Posted by The Mobility Superstore:
The recent Channel 4 documentary Sex on Wheels raised a few eyebrows, as it shone a light on the sex lives of four disabled people and their fight for sexual equality.
Whether certain sections of the general public wanted to avoid the issue or they simply disagreed with it being discussed in an open and honest way, there were people who claimed the documentary was voyeuristic and exploitative. Those views may not be without some credence, but the stories of the four disabled people in the show gave the issue of sex and disability an important forum; it showed that disabled people have all the same sexual desires, proclivities and hang-ups as non-disabled people.
Sex on Wheels featured the story of Karl, a 32-year-old man who had become paralysed from the waist down following a car crash. His penile dysfunction was the source of great distress, as he had been sexually active for his entire adult life. The documentary also shone a light on sexual promiscuity, as it told the story of Leah, a 23-year-old with brittle bones who enjoyed regular sexual activity with several different partners. However, not all the documentary’s subjects were so likeable. Pete, a 26-year-old with cerebral palsy, boasted openly about his sexual prowess. He bragged about spending thousands of pounds on escorts, and he talked candidly about his desire to be a porn star.
The four disabled people in Sex on Wheels were just ordinary people who had various physical conditions that made having a sex life a complex issue. In many ways, they represented a cross-section of society. Riddled with insecurities, sexual frustration and their own visceral desires, they could have been any four people – disabled or otherwise – chosen at random from bars and nightclubs up and down the country. Their stories, not always pleasant or endearing, demonstrated that sex is part of the human condition.
Perhaps more concerning, the show highlighted that the public’s attitude towards disability and sex is a far greater barrier to an active sex life than the physical limitations of a human body or necessary disability aids.

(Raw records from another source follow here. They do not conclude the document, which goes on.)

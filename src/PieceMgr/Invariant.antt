-- ===== src/PieceMgr/Invariant.antt =====
-- src/piece_mgr.c: the count and the bitfield agree with the states of the pieces.
use ps5torrent.Base.{
  ◌≤◌, ◌≢◌, ◌⊎◌, if_cases, if_not_cases, bytes_eq→eq, bytes_eq_refl, ℕ, zero, suc, ◌+◌, ◌/◌, ◌<◌,
  ◌≡◌, refl, ap, ◌∙◌, Bool, true, false, Bytes, length, leb, ◌==◌, if◌then◌else◌, arith, inl, inr,
  All, List, [], ◌∷◌, some, none, bytes_eq,
}
use mathlib.Core.Option
use ps5torrent.PieceMgr.Defs.{
  PieceState, complete, failed, is_complete, Piece, PieceMgr, has_bit, set_have, pieces_of,
  set_state, put_state, hash_at, piece_mgr_complete,
}
use ps5torrent.PieceMgr.Bitfield.{IsByte, has_bit-set_have, set_have-IsByte, length-set_have}

abbrev pub bit_of : Bool → ℕ
bit_of true = 1
bit_of false = 0

unfoldable pub count_complete : List Piece → ℕ
count_complete [] = 0
count_complete (p ∷ ps) = bit_of (is_complete p.state) + count_complete ps

-- Piece `i` is there and complete.
unfoldable pub complete_at : List Piece → ℕ → Bool
complete_at [] i = false
complete_at (p ∷ ps) zero = is_complete p.state
complete_at (p ∷ ps) (suc i) = complete_at ps i

pub record IsValid (pm : PieceMgr) : Type 0 where
  pub ps : List Piece
  pub bits : Bytes
  pub has_pieces : pm.pieces ≡ some ps
  pub has_bits : pm.bitfield ≡ some bits
  pub size : length ps ≡ pm.num_pieces
  pub bits_size : length bits ≡ (pm.num_pieces + 7) / 8
  pub bytes : All IsByte bits
  pub counted : pm.num_complete ≡ count_complete ps
  pub marked : (i : ℕ) → i < pm.num_pieces → has_bit bits i ≡ complete_at ps i

-- The array that a valid state points to.
pub pieces_of_lem : (pm : PieceMgr) (v : IsValid pm) → pieces_of pm ≡ v.ps
pieces_of_lem pm v = ap (λ o. elim o [ none ↦ [] | some ps ↦ ps ]) v.has_pieces

length-put_state :
    (s : PieceState) (i : ℕ) (ps : List Piece) → length (put_state s i ps) ≡ length ps
length-put_state s i [] = refl
length-put_state s zero (p ∷ ps) = refl
length-put_state s (suc i) (p ∷ ps) = ap suc (length-put_state s i ps)

count_complete-put_state :
    (s : PieceState) (i : ℕ) (ps : List Piece)
    → i < length ps
    → count_complete (put_state s i ps) + bit_of (complete_at ps i)
      ≡ count_complete ps + bit_of (is_complete s)
unfolding count_complete complete_at
count_complete-put_state s i [] h = elim h [ ]
count_complete-put_state s zero (p ∷ ps) h = omega arith
count_complete-put_state s (suc i) (p ∷ ps) h =
    omega (arith, count_complete-put_state s i ps (omega arith))

pub complete_at-put_state :
    (s : PieceState) (i j : ℕ) (ps : List Piece)
    → i < length ps
    → complete_at (put_state s i ps) j ≡ (if i == j then is_complete s else complete_at ps j)
unfolding complete_at
complete_at-put_state s i j [] h = elim h [ ]
complete_at-put_state s zero zero (p ∷ ps) h = refl
complete_at-put_state s zero (suc j) (p ∷ ps) h = ground arith
complete_at-put_state s (suc i) zero (p ∷ ps) h = ground arith
complete_at-put_state s (suc i) (suc j) (p ∷ ps) h =
    ground (arith, complete_at-put_state s i j ps (omega arith))

-- Writing a state that is not complete over one that is not.
pub set_state-IsValid :
    (s : PieceState) (index : ℕ) (pm : PieceMgr) (v : IsValid pm)
    → index < pm.num_pieces
    → complete_at v.ps index ≡ false
    → is_complete s ≡ false
    → IsValid (set_state s index pm)
set_state-IsValid s index pm v inside fresh quiet =
    let inside' : index < length v.ps = omega (arith, v.size) in
    record {
      ps = put_state s index v.ps;
      bits = v.bits;
      has_pieces = ap (Option.map (put_state s index)) v.has_pieces;
      has_bits = v.has_bits;
      size = length-put_state s index v.ps ∙ v.size;
      bits_size = v.bits_size;
      bytes = v.bytes;
      counted = ground (arith, count_complete-put_state s index v.ps inside', v.counted);
      marked = λ i h. ground (arith, complete_at-put_state s index i v.ps inside', v.marked i h);
    }

complete_mark-IsValid :
    (index : ℕ) (pm : PieceMgr) (v : IsValid pm)
    → index < pm.num_pieces
    → complete_at v.ps index ≡ false
    → IsValid (record pm {
      pieces = Option.map (put_state complete index) pm.pieces;
      num_complete = pm.num_complete + 1;
      bitfield = Option.map (λ bits. set_have bits index) pm.bitfield;
    })
complete_mark-IsValid index pm v inside fresh =
    let inside' : index < length v.ps = omega (arith, v.size) in
    record {
      ps = put_state complete index v.ps;
      bits = set_have v.bits index;
      has_pieces = ap (Option.map (put_state complete index)) v.has_pieces;
      has_bits = ap (Option.map (λ bits. set_have bits index)) v.has_bits;
      size = length-put_state complete index v.ps ∙ v.size;
      bits_size = length-set_have v.bits index ∙ v.bits_size;
      bytes = set_have-IsByte v.bits index v.bytes;
      counted = ground (arith, count_complete-put_state complete index v.ps inside', v.counted);
      marked = λ i h. ground (
        arith,
        complete_at-put_state complete index i v.ps inside',
        v.marked i h,
        has_bit-set_have v.bits index i v.bytes (omega (arith, v.bits_size)),
      );
    }

-- What piece_mgr_complete does with a piece: out of range nothing; with another digest than the
-- expected one it marks the piece as failed and refuses it; with that digest it accepts the piece,
-- which is complete from then on, as the others are that were.
abbrev pub Completes : (Bytes → Bytes) → PieceMgr → ℕ → Bytes → PieceMgr × Bool → Type 0
Completes hash pm index input (pm', accepted) =
    ((pm.num_pieces ≤ index) × (pm' ≡ pm) × (accepted ≡ false))
    ⊎ ((index < pm.num_pieces)
        × (hash input ≢ hash_at (pieces_of pm) index)
        × (pm' ≡ set_state failed index pm)
        × (accepted ≡ false))
    ⊎ ((index < pm.num_pieces)
        × (hash input ≡ hash_at (pieces_of pm) index)
        × (pm'.num_complete ≡ pm.num_complete + 1)
        × ((j : ℕ)
            → complete_at (pieces_of pm') j
              ≡ (if index == j then true else complete_at (pieces_of pm) j))
        × (accepted ≡ true))

-- The piece that is accepted, in a valid state.
accepted_lem :
    (index : ℕ) (pm : PieceMgr) (v : IsValid pm)
    → index < pm.num_pieces
    → (j : ℕ)
    → complete_at
        (pieces_of (record pm { pieces = Option.map (put_state complete index) pm.pieces }))
        j
      ≡ (if index == j then true else complete_at (pieces_of pm) j)
accepted_lem index pm v inside j =
    rw v.has_pieces (complete_at-put_state complete index j v.ps (omega (arith, v.size)))

-- piece_mgr_complete on a piece that is not complete keeps the count and the bitfield in step with
-- the states, whether the digest matches or not. Out of range it changes nothing and refuses the
-- piece; with another digest it only marks the piece as failed and refuses it; with the expected
-- digest it accepts the piece, counts it, and makes it complete and no other.
pub piece_mgr_complete-IsValid :
    (hash : Bytes → Bytes) (pm : PieceMgr) (v : IsValid pm) (index : ℕ) (input : Bytes)
    → complete_at (pieces_of pm) index ≡ false
    → IsValid (piece_mgr_complete hash pm index input).0
      × Completes hash pm index input (piece_mgr_complete hash pm index input)
unfolding piece_mgr_complete
piece_mgr_complete-IsValid hash pm v index input fresh' =
    let fresh : complete_at v.ps index ≡ false = rw (pieces_of_lem pm v) at fresh' in
    let Good : PieceMgr × Bool → Type 0 = λ r. IsValid r.0 × Completes hash pm index input r in
    let digest = hash_at (pieces_of pm) index in
    if_cases Good (leb pm.num_pieces index) (λ out. (v, inl (ground arith, refl, refl)))
      (λ in_range.
        let inside : index < pm.num_pieces = ground arith in
        if_not_cases Good (bytes_eq (hash input) digest)
          (λ other. (
            set_state-IsValid failed index pm v inside fresh refl,
            inr (inl (inside, other_digest (hash input) digest other, refl, refl)),
          ))
          (λ same. (
            complete_mark-IsValid index pm v inside fresh,
            inr (
                inr (
                  inside,
                  bytes_eq→eq (hash input) digest same,
                  refl,
                  accepted_lem index pm v inside,
                  refl,
                )),
          )))
  where
    other_digest : (xs ys : Bytes) → bytes_eq xs ys ≡ false → xs ≢ ys
    other_digest xs ys e same =
        let equal : bytes_eq xs ys ≡ true = ap (λ t. bytes_eq t ys) same ∙ bytes_eq_refl ys in cc
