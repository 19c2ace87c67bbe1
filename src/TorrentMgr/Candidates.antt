-- ===== src/TorrentMgr/Candidates.antt =====
-- src/torrent_mgr.c: the candidates of a torrent, their failures and their replacement.
use ps5torrent.Base.{
  ℕ, ◌+◌, ◌-◌, ◌*◌, ◌^◌, ◌++◌, Bool, true, false, not, ◌&&◌, ◌||◌, Option, none, some, List, [],
  ◌∷◌, length, set, ltb, ◌==◌, if◌then◌else◌,
}

pub record PeerAddr : Type 0 where
  pub ip : ℕ
  pub port : ℕ

-- peer_candidate_t.
pub record Candidate : Type 0 where
  pub addr : PeerAddr
  pub connecting : Bool
  pub failures : ℕ
  pub retry_after : ℕ

abbrev pub max_tracker_peers : ℕ
max_tracker_peers = 200

unfoldable pub same_peer : PeerAddr → PeerAddr → Bool
same_peer a b = a.ip == b.ip && a.port == b.port

-- find_candidate finds one.
unfoldable pub known : List Candidate → PeerAddr → Bool
unfolding same_peer
known [] addr = false
known (c ∷ cs) addr = same_peer c.addr addr || known cs addr

unfoldable pub retry_delay : ℕ → ℕ
retry_delay failures =
    let shift = if ltb 4 failures then 4 else if failures == 0 then 0 else failures - 1 in
    let delay = 30 * 2 ^ shift in if ltb 300 delay then 300 else delay

-- The first candidate with the address is changed; `now` is get_time_sec().
unfoldable pub record_peer_failure : ℕ → List Candidate → PeerAddr → List Candidate
unfolding same_peer retry_delay
record_peer_failure now [] addr = []
record_peer_failure now (c ∷ cs) addr =
    let rest = record_peer_failure now cs addr in
    let n = if ltb c.failures 5 then c.failures + 1 else c.failures in
    if same_peer c.addr addr
    then record c { failures = n; retry_after = now + retry_delay n } ∷ cs
    else c ∷ rest

abbrev pub fresh : PeerAddr → Candidate
fresh addr = record { addr = addr; connecting = false; failures = 0; retry_after = 0 }

abbrev pub unusable : PeerAddr → Bool
unusable addr = addr.ip == 0 || addr.ip == 2 ^ 32 - 1 || addr.port == 0

module _ (peer_is_connected : PeerAddr → Bool) where
  -- The slot to reuse: the one with the most failures, the first of several; with the slot so far
  -- and its failures.
  unfoldable pub worst : List Candidate → ℕ → Option (ℕ × ℕ) → Option (ℕ × ℕ)
  worst [] i slot = slot
  worst (c ∷ cs) i slot =
      let better : Bool = elim slot [ none ↦ true | some (j, n) ↦ ltb n c.failures ] in
      worst cs (i + 1) (
        if not c.connecting && not (c.failures == 0) && not (peer_is_connected c.addr) && better
        then some (i, c.failures)
        else slot)

  unfoldable pub add_candidate : List Candidate → PeerAddr → List Candidate
  unfolding known worst
  add_candidate cs addr =
      if unusable addr || known cs addr
      then cs
      else if length cs == max_tracker_peers
      then elim (worst cs 0 none) [ none ↦ cs | some (slot, n) ↦ set cs slot (fresh addr) ]
      else cs ++ fresh addr ∷ []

Three years ago, the Observer ran its ‘Sex Uncovered’ poll, and one of the survey’s questions asked respondents if they would consider having sex with a disabled person – 70 per cent said that they would not. It seems that social taboos have a far larger role to play than people’s impairments.
Unfortunately, there is a school of thought within society that promotes the idea of disabled people having different attitudes and sexual desires to those held by non-disabled people. Yes, disabled people might turn to sex workers for their own gratification, but so do thousands of non-disabled people. Sex and the desire to experience sexual intimacy is something we all have in common. It is a sad indictment on society, however, that people are sexually pigeon-holed according to their physical impairments.
Documentaries such as Sex on Wheels and The Undateables may be created by non-disabled producers and directors and have sensationalism at their heart, but they do highlight an intrinsic prejudice within society. With the use of mobility aids, a disabled person can enjoy an invigorating and fulfilling sex life in exactly the same way as anyone else. And although that might be a taboo subject for large parts of society, getting the issue out in the open should, over time, mean disabled people can traverse the sexual playing field on an equal basis.